No hay un GRUB exclusivo de una determinada distro.

Grub es un Gestor de Arranque para lanzar un determinado S.O., puede ser Win, Gentoo, Debian, Unix, u otro cualquiera, siempre y cuando la configuración pertinente sea la correcta.

Gentoo incorpora la versión 0,99 legacy estándar, eso no quiere decir que si se instala la versión GRUB2 funcione perfectamente si se tienen en cuenta ciertas consideraciones de enmascaramiento, para una instalación sin complicaciones tiene que emerger GRUB y luego redefinir el archivo /boot/grub/grub.conf con un editor de texto, por ejemplo con nano que es el predeterminado.

Saludetes  :Wink: 

----------

## quilosaq

Grub es un software especial por ser un gestor de arranque.

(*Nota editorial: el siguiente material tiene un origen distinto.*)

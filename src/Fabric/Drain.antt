-- ===== src/Fabric/Drain.antt =====
-- Drain: it delivers the records that wait, in the order of the shards and of their queues.
use Prim.Native.Nat.{min}
use vautlage.Prelude.{
  ℕ, zero, suc, ◌+◌, ◌-◌, ◌^◌, ◌≤◌, ◌<◌, ◌≡◌, ◌⊎◌, inl, inr, refl, ap, sym, ◌∙◌, arith, List, [],
  ◌∷◌, ◌++◌, Option, some, true, false, not, ◌||◌, Bool-cases, if◌then◌else◌, add64, length,
}
use vautlage.Record.{Record}
use vautlage.Ring.Fifo.{Fifo}
use vautlage.Ring.Models.{Models}
use vautlage.Config.{int_lt}
use vautlage.Fabric.{Vaultage}
use vautlage.Fabric.Consume.{Scene, deliver, drain_shard}
use vautlage.Fabric.Handed.{tagged, Handed, Handed-none, Handed-cons, deliver_lem}

-- How many of `n` records a Drain delivers that has delivered `total`: all of them, up to a positive max.
unfoldable pub quota : ℕ → ℕ → ℕ → ℕ
unfolding int_lt
quota max total n = if int_lt 0 max then min n (max - total) else n

module _ {W : Type 0} (max : ℕ) (word : max < 2 ^ 64) (h : Option (Record → W → W)) where
  -- A run of the loop of one shard: the records that it delivered and those that it left.
  abbrev pub Drains : ℕ → ℕ → Scene W → Fifo → Option (ℕ × Scene W) → Type 0
  Drains sid total s q end =
      (xs : List Record) × (ys : List Record) × (t : Scene W) × (q.items ≡ xs ++ ys)
      × (end ≡ some (total + length xs, t))
      × (length xs ≡ quota max total (length q.items))
      × Handed h sid s t xs (record { items = ys; count = q.count })

  drain_shard_stop :
      (fuel sid total : ℕ) (s : Scene W)
      → (not (int_lt 0 max) || int_lt total max) ≡ false
      → drain_shard (suc fuel) max h sid total s ≡ some (total, s)
  unfolding drain_shard
  drain_shard_stop fuel sid total s e = ground arith

  drain_shard_break :
      (fuel sid total : ℕ) (s : Scene W) {t : Scene W}
      → (not (int_lt 0 max) || int_lt total max) ≡ true
      → deliver (suc fuel) h sid s ≡ some (false, t)
      → drain_shard (suc fuel) max h sid total s ≡ some (total, t)
  unfolding drain_shard
  drain_shard_break fuel sid total s {t} e f = ground arith

  drain_shard_next :
      (fuel sid total : ℕ) (s : Scene W) {t : Scene W}
      → (not (int_lt 0 max) || int_lt total max) ≡ true
      → deliver (suc fuel) h sid s ≡ some (true, t)
      → drain_shard (suc fuel) max h sid total s ≡ drain_shard fuel max h sid (add64 total 1) t
  unfolding drain_shard
  drain_shard_next fuel sid total s {t} e f = ground arith

  -- The quota, at the two tests of the loop.
  quota_spent :
      (total n : ℕ)
      → total < 2 ^ 63
      → (not (int_lt 0 max) || int_lt total max) ≡ false
      → quota max total n ≡ 0
  unfolding quota int_lt
  quota_spent total n small e = ground arith

  pub quota_none : (total : ℕ) → quota max total 0 ≡ 0
  unfolding quota
  quota_none total = ground arith

  quota_more :
      (total n : ℕ)
      → total < 2 ^ 63
      → (not (int_lt 0 max) || int_lt total max) ≡ true
      → quota max total (suc n) ≡ suc (quota max (total + 1) n)
  unfolding quota int_lt
  quota_more total n small e = ground arith

  pub drain_shard_lem :
      (fuel sid total : ℕ) (s : Scene W) {q : Fifo}
      → Models (s.engine.shards sid).ring q
      → length q.items < fuel
      → total + length q.items < 2 ^ 63
      → Drains sid total s q (drain_shard fuel max h sid total s)
  unfolding drain_shard
  drain_shard_lem zero sid total s m enough small = absurd (omega arith)
  drain_shard_lem (suc fuel) sid total s {q} m enough small =
      elim (Bool-cases (not (int_lt 0 max) || int_lt total max)) [
        | inr spent ↦ (
          [],
          q.items,
          s,
          refl,
          drain_shard_stop fuel sid total s spent ∙ ap (λ n. some (n, s)) (omega arith),
          sym (quota_spent total (length q.items) (omega arith) spent),
          Handed-none h sid s m,
        )
        | inl going ↦ elim (deliver_lem h sid fuel s m) [
          | inl (empty, (t, run, handed)) ↦ (
            [],
            q.items,
            t,
            refl,
            drain_shard_break fuel sid total s going run ∙ ap (λ n. some (n, t)) (omega arith),
            sym (ap (λ xs. quota max total (length xs)) empty ∙ quota_none total),
            handed,
          )
          | inr (x, xs, first, (t, run, handed)) ↦
              let counted : length q.items ≡ suc (length xs) = ap length first in
              let (ys, zs, u, split, end, many, rest) =
                drain_shard_lem fuel sid (total + 1) t handed.models (omega arith) (omega arith) in
              let next : add64 total 1 ≡ total + 1 = omega arith in
              (
                x ∷ ys,
                zs,
                u,
                first ∙ ap (◌∷◌ x) split,
                drain_shard_next fuel sid total s going run
                    ∙ ap (λ n. drain_shard fuel max h sid n t) next
                    ∙ end
                    ∙ ap (λ n. some (n, u)) (omega arith),
                ap suc many
                    ∙ sym (
                        ap (quota max total) counted
                        ∙ quota_more total (length xs) (omega arith) going),
                Handed-cons h sid handed rest,
              )
        ]
      ]

-- What the rings of `n` shards from shard `i` on hold, in the order of a sweep over them.
abbrev pub Waits : ℕ → ℕ → Vaultage → List Record → Type 0
Waits zero i v ys = ys ≡ []
Waits (suc n) i v ys =
    (q : Fifo) × (zs : List Record) × Models (v.shards i).ring q
    × (ys ≡ tagged i q.items ++ zs)
    × Waits n (suc i) v zs

pub Waits-frame :
    (n i : ℕ) (v w : Vaultage) (ys : List Record)
    → ((j : ℕ) → i ≤ j → (w.shards j).ring ≡ (v.shards j).ring)
    → Waits n i v ys
    → Waits n i w ys
Waits-frame zero i v w ys same e = e
Waits-frame (suc n) i v w ys same (q, zs, m, e, rest) = (
  q,
  zs,
  rw (same i (omega arith)) m,
  e,
  Waits-frame n (suc i) v w zs (λ j lt. same j (omega arith)) rest,
)

-- Two queues cut in two, the second one not at all unless the first one is used up.
pub regroup :
    (a b c d : List Record) → (b ≡ []) ⊎ (c ≡ []) → (a ++ b) ++ (c ++ d) ≡ (a ++ c) ++ (b ++ d)
regroup [] [] c d h = refl
regroup [] (x ∷ b) c d (inl e) = absurd (cc)
regroup [] (x ∷ b) [] d (inr e) = refl
regroup [] (x ∷ b) (y ∷ c) d (inr e) = absurd (cc)
regroup (x ∷ a) b c d h = ap (◌∷◌ x) (regroup a b c d h)

pub empty_of_length : (xs : List Record) → length xs ≡ 0 → xs ≡ []
empty_of_length [] e = refl
empty_of_length (x ∷ xs) e = absurd (omega arith)

module _ (max : ℕ) (word : max < 2 ^ 64) where
  pub quota-add :
      (total a b : ℕ)
      → total + (a + b) < 2 ^ 63
      → quota max total (a + b) ≡ quota max total a + quota max (total + quota max total a) b
  unfolding quota int_lt
  quota-add total a b small = ground arith

  pub quota_reached :
      (total a b : ℕ)
      → total + a < 2 ^ 63
      → quota max total a < a
      → quota max (total + quota max total a) b ≡ 0
  unfolding quota int_lt
  quota_reached total a b small lt = ground arith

No tiene sentido tener instalado simultaneamente el paquete grub en Ubuntu y en Gentoo ya que las actualizaciones/configuraciones que se produzcan pueden sobreescribir los archivos del "otro" grub. Decídete por una de las 2, instala con ella el grub y quita el grub de la otra.

Ten en cuenta que posiblemente ahora tienes el Grub de Ubuntu y muy posiblemente sera GRUB2 mientras que la instalación de Gentoo te lleva a tener Grub Legacy. A pesar del nombre con esa versión se pueden hacer todas la cosas básicas para arrancar Linux y/o Windows.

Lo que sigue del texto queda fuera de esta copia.